[[ The data open ]]

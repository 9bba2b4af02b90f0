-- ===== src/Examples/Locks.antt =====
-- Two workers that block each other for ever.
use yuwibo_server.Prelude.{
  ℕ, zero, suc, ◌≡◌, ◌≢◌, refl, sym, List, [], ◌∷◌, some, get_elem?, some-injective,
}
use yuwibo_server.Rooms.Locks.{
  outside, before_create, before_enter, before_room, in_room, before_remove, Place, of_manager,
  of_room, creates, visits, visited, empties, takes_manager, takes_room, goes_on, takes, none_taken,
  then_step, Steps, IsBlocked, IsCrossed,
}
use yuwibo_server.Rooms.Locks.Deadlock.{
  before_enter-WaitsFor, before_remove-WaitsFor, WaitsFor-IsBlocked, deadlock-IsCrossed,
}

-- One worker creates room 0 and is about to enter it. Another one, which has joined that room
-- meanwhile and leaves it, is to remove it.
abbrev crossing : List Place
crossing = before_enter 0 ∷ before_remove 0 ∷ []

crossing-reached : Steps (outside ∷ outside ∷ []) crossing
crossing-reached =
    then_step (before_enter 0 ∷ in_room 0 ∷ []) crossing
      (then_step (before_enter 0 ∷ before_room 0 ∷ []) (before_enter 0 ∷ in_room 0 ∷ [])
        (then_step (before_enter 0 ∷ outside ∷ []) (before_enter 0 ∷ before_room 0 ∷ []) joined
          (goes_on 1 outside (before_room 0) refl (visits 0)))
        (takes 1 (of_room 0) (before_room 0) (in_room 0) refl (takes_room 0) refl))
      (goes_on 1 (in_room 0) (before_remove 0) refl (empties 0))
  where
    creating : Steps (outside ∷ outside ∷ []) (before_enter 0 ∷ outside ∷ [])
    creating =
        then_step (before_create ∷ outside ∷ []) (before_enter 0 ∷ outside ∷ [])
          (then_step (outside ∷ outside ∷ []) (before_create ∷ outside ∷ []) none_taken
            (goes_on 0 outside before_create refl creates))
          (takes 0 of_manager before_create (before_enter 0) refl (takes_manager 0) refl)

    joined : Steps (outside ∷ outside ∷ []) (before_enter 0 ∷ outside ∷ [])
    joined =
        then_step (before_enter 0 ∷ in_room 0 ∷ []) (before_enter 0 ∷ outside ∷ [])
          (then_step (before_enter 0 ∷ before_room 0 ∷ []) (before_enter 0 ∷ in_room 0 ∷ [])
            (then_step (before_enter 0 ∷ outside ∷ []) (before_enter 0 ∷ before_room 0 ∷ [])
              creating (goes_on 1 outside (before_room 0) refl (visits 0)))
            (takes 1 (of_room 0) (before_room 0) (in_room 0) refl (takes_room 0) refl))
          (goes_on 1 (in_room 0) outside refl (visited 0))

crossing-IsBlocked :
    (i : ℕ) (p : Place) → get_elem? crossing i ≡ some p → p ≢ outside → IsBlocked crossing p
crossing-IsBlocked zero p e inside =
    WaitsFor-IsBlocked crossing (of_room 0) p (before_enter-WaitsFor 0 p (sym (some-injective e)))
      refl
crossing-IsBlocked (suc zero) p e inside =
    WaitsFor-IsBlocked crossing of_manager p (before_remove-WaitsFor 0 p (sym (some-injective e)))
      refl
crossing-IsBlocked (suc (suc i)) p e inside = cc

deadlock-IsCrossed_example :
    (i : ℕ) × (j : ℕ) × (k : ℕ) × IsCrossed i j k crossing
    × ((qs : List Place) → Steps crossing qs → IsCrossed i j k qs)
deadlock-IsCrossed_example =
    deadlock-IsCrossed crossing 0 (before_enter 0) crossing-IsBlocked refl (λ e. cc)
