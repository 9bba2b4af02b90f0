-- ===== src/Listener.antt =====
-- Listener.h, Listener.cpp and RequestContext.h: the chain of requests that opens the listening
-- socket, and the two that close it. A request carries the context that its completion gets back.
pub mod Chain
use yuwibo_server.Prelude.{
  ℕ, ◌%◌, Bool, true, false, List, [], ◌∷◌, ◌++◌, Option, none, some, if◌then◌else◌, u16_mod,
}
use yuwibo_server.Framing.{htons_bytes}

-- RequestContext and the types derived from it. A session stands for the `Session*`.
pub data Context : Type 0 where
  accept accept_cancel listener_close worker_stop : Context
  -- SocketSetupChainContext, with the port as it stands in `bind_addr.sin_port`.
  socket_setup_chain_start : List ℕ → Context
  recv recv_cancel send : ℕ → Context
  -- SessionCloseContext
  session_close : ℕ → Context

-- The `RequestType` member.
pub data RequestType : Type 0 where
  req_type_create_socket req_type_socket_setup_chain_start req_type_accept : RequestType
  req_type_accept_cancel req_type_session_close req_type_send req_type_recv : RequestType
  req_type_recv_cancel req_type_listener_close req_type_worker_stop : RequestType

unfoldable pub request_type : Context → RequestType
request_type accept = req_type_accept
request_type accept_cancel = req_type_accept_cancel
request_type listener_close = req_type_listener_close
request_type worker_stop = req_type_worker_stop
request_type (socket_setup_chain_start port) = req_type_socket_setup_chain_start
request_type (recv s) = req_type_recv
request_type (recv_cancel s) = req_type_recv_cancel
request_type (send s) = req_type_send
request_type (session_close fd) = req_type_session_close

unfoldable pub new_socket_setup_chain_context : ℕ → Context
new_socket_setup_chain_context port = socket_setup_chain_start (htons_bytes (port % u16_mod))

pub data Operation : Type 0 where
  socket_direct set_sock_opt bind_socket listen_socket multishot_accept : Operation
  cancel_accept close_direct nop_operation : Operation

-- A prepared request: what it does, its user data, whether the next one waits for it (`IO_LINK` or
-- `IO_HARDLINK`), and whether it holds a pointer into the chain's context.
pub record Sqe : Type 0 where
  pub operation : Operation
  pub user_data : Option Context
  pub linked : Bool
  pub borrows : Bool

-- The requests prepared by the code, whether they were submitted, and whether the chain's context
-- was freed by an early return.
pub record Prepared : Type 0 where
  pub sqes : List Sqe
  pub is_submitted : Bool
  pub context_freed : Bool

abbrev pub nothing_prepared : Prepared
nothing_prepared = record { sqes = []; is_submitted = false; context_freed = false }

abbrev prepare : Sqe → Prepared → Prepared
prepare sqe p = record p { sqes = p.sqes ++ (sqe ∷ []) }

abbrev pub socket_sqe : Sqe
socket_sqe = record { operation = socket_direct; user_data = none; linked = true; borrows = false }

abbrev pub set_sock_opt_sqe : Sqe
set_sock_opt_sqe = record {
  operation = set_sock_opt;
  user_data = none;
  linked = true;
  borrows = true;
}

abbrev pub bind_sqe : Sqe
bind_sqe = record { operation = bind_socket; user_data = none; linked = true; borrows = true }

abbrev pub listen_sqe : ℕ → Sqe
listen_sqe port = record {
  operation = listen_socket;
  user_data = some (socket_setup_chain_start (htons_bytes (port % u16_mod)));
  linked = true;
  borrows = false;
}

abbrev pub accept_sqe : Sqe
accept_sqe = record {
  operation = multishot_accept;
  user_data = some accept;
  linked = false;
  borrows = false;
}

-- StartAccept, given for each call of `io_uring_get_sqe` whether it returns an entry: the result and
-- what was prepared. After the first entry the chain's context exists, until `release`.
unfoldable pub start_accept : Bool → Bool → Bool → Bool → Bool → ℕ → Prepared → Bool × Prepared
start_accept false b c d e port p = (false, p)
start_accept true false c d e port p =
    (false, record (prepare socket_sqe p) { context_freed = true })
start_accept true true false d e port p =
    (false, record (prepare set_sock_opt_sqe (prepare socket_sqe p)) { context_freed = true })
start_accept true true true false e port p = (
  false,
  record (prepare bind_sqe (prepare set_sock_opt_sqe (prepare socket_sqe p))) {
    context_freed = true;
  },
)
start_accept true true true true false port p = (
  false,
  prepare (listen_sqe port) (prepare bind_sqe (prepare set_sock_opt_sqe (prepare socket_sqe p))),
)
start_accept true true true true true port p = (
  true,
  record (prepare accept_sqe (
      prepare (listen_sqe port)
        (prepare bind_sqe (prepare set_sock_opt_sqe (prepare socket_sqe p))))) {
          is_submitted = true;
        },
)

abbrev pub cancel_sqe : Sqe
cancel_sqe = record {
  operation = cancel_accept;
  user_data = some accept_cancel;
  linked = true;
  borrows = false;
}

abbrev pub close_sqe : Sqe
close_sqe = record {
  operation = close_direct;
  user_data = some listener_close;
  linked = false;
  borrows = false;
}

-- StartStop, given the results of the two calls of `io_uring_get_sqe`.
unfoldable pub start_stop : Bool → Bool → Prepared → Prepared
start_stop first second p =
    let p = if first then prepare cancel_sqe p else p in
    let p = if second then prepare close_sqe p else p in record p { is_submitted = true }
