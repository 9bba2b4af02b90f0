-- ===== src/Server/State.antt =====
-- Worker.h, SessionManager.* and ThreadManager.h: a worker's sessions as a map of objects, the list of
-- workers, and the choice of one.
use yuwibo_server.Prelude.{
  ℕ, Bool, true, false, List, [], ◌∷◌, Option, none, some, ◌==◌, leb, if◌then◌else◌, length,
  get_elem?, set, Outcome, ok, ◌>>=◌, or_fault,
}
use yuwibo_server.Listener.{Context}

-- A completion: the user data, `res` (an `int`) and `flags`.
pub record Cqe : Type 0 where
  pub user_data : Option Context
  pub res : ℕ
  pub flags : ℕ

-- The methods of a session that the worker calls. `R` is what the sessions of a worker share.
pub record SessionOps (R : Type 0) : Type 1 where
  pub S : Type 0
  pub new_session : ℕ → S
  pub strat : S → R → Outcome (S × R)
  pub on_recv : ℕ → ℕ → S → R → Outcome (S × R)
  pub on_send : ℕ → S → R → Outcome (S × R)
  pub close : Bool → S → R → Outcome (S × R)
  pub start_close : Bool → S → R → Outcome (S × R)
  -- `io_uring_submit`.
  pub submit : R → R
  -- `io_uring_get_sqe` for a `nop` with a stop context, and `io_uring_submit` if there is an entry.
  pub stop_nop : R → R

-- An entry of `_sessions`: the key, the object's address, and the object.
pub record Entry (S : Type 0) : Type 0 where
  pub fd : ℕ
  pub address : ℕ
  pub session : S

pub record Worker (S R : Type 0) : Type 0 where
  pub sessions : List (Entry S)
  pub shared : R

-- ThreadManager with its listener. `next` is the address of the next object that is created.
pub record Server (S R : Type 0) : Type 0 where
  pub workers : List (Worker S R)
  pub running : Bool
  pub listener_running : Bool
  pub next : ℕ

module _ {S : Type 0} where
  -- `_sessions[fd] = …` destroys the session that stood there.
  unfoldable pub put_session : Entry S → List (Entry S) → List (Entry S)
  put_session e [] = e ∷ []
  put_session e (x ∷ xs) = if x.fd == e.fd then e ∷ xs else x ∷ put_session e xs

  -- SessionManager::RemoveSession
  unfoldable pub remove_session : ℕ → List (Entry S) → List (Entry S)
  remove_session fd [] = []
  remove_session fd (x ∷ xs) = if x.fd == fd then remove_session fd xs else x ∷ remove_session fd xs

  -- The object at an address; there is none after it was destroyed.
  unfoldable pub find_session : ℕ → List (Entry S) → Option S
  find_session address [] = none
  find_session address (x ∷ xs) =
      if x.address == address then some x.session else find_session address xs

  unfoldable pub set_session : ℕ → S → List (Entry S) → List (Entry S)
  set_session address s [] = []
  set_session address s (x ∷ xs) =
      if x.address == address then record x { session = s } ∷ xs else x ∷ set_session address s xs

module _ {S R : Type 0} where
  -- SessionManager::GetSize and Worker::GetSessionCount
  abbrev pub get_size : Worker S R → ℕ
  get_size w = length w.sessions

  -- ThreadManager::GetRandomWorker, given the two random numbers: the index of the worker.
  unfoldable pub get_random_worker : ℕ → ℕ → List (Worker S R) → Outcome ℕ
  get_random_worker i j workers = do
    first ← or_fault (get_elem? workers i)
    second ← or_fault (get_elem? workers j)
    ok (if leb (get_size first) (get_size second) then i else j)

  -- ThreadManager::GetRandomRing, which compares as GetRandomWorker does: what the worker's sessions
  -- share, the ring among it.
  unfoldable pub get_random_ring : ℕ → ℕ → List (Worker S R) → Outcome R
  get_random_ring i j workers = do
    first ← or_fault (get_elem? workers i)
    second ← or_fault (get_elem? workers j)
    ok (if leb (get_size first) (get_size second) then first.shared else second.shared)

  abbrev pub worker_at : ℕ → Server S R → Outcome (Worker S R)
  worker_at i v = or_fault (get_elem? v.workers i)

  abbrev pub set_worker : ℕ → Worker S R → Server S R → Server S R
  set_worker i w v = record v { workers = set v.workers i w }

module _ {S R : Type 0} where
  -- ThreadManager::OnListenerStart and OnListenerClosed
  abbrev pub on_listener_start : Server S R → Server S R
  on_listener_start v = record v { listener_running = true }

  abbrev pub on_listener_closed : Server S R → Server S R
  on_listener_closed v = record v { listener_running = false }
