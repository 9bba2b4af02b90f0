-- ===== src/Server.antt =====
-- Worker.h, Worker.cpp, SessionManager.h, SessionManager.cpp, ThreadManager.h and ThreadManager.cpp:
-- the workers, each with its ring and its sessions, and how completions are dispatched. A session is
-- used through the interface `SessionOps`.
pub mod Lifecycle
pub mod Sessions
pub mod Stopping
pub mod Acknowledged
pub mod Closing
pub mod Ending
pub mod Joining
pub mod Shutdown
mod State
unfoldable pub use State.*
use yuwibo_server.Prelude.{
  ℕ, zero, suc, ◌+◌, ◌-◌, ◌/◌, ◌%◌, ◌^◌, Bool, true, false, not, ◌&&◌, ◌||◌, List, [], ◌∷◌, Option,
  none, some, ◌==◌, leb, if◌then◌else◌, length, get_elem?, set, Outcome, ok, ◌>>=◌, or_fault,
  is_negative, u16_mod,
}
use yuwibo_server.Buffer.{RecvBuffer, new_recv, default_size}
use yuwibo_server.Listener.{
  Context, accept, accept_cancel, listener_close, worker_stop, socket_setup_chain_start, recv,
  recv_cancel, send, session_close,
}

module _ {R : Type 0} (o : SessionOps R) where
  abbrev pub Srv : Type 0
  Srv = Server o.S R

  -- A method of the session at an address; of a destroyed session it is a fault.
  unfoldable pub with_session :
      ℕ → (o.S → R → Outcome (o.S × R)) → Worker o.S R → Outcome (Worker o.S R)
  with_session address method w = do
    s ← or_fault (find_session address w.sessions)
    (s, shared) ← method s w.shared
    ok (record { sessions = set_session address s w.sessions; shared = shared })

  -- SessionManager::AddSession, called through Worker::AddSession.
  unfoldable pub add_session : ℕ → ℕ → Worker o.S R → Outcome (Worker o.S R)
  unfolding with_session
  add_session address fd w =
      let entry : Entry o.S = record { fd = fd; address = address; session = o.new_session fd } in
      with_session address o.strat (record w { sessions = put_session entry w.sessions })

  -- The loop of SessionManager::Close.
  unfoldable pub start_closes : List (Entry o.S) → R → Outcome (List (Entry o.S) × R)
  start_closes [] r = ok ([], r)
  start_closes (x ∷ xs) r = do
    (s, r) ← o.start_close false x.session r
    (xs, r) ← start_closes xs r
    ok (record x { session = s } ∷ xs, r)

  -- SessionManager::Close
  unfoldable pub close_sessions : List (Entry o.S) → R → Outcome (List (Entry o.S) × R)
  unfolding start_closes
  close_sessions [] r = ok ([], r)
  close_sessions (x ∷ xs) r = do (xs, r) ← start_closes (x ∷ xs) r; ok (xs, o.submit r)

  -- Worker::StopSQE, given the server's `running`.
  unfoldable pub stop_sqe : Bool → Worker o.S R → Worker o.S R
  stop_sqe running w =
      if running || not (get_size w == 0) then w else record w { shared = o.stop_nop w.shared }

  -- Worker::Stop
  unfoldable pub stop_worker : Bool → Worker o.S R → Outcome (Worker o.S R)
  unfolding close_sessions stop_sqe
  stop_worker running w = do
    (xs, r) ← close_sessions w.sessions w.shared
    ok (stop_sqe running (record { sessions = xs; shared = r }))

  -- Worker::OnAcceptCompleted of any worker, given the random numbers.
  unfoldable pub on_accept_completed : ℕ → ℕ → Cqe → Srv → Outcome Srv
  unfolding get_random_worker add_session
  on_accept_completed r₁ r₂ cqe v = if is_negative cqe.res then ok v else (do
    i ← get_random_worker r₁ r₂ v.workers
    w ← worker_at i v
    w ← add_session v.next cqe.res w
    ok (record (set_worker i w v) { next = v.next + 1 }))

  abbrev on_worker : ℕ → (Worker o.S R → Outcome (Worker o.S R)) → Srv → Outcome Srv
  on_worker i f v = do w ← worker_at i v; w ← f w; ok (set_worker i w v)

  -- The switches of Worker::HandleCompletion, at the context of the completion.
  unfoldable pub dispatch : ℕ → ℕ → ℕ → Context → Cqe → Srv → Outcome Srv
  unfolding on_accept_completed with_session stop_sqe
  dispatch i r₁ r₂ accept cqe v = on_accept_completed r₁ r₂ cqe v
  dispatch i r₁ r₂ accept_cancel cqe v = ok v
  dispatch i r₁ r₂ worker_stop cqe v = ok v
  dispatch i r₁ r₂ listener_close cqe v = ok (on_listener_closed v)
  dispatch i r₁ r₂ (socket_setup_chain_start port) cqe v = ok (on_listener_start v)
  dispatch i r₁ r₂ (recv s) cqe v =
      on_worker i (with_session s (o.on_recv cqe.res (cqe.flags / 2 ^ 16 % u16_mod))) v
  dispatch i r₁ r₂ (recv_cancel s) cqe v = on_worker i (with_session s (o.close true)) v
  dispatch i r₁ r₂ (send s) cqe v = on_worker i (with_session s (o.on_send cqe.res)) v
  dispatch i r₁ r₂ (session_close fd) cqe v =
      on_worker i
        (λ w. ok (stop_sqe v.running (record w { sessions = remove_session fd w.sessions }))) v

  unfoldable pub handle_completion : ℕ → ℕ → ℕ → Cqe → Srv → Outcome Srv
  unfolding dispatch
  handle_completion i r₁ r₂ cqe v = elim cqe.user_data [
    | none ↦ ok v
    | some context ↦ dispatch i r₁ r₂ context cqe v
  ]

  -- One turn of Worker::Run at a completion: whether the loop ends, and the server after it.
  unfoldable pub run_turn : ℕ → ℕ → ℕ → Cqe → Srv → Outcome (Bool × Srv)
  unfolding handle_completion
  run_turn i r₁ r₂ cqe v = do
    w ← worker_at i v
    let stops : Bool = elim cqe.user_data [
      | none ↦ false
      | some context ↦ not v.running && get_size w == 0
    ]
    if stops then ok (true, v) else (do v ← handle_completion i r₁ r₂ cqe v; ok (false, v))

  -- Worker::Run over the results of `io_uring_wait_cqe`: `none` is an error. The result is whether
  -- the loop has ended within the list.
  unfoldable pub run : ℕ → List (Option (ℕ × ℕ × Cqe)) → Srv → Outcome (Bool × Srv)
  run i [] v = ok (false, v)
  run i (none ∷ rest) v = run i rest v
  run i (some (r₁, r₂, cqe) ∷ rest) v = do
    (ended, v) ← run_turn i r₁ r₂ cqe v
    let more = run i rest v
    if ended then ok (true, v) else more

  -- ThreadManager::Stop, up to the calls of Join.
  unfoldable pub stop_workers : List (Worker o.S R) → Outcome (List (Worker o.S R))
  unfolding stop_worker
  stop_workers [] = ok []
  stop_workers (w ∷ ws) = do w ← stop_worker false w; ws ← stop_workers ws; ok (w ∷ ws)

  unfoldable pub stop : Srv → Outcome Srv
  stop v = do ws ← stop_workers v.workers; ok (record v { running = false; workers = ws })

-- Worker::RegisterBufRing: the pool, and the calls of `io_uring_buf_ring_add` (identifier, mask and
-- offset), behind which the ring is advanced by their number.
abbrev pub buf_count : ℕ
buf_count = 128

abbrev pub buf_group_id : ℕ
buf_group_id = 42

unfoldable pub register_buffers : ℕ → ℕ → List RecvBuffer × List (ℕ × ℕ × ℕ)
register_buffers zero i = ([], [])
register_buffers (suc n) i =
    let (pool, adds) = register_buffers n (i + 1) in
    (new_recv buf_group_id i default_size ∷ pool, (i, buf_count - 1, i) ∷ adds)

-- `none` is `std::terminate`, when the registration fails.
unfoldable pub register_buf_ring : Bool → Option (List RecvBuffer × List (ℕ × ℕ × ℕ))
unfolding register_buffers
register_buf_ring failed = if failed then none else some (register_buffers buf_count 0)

[[ The data closed ]]

Please write out the material word for word from its first line through the line holding "then_step (before_enter 0 ∷ in_room 0 ∷ []) (before_enter", including both, and no line past it.

repository 9bba2b4af02b90f0
-- ===== src/Examples/Locks.antt =====
-- Two workers that block each other for ever.
use yuwibo_server.Prelude.{
  ℕ, zero, suc, ◌≡◌, ◌≢◌, refl, sym, List, [], ◌∷◌, some, get_elem?, some-injective,
}
use yuwibo_server.Rooms.Locks.{
  outside, before_create, before_enter, before_room, in_room, before_remove, Place, of_manager,
  of_room, creates, visits, visited, empties, takes_manager, takes_room, goes_on, takes, none_taken,
  then_step, Steps, IsBlocked, IsCrossed,
}
use yuwibo_server.Rooms.Locks.Deadlock.{
  before_enter-WaitsFor, before_remove-WaitsFor, WaitsFor-IsBlocked, deadlock-IsCrossed,
}

-- One worker creates room 0 and is about to enter it. Another one, which has joined that room
-- meanwhile and leaves it, is to remove it.
abbrev crossing : List Place
crossing = before_enter 0 ∷ before_remove 0 ∷ []

crossing-reached : Steps (outside ∷ outside ∷ []) crossing
crossing-reached =
    then_step (before_enter 0 ∷ in_room 0 ∷ []) crossing
      (then_step (before_enter 0 ∷ before_room 0 ∷ []) (before_enter 0 ∷ in_room 0 ∷ [])
        (then_step (before_enter 0 ∷ outside ∷ []) (before_enter 0 ∷ before_room 0 ∷ []) joined
          (goes_on 1 outside (before_room 0) refl (visits 0)))
        (takes 1 (of_room 0) (before_room 0) (in_room 0) refl (takes_room 0) refl))
      (goes_on 1 (in_room 0) (before_remove 0) refl (empties 0))
  where
    creating : Steps (outside ∷ outside ∷ []) (before_enter 0 ∷ outside ∷ [])
    creating =
        then_step (before_create ∷ outside ∷ []) (before_enter 0 ∷ outside ∷ [])
          (then_step (outside ∷ outside ∷ []) (before_create ∷ outside ∷ []) none_taken
            (goes_on 0 outside before_create refl creates))
          (takes 0 of_manager before_create (before_enter 0) refl (takes_manager 0) refl)

    joined : Steps (outside ∷ outside ∷ []) (before_enter 0 ∷ outside ∷ [])
    joined =
        then_step (before_enter 0 ∷ in_room 0 ∷ []) (before_enter 0 ∷ outside ∷ [])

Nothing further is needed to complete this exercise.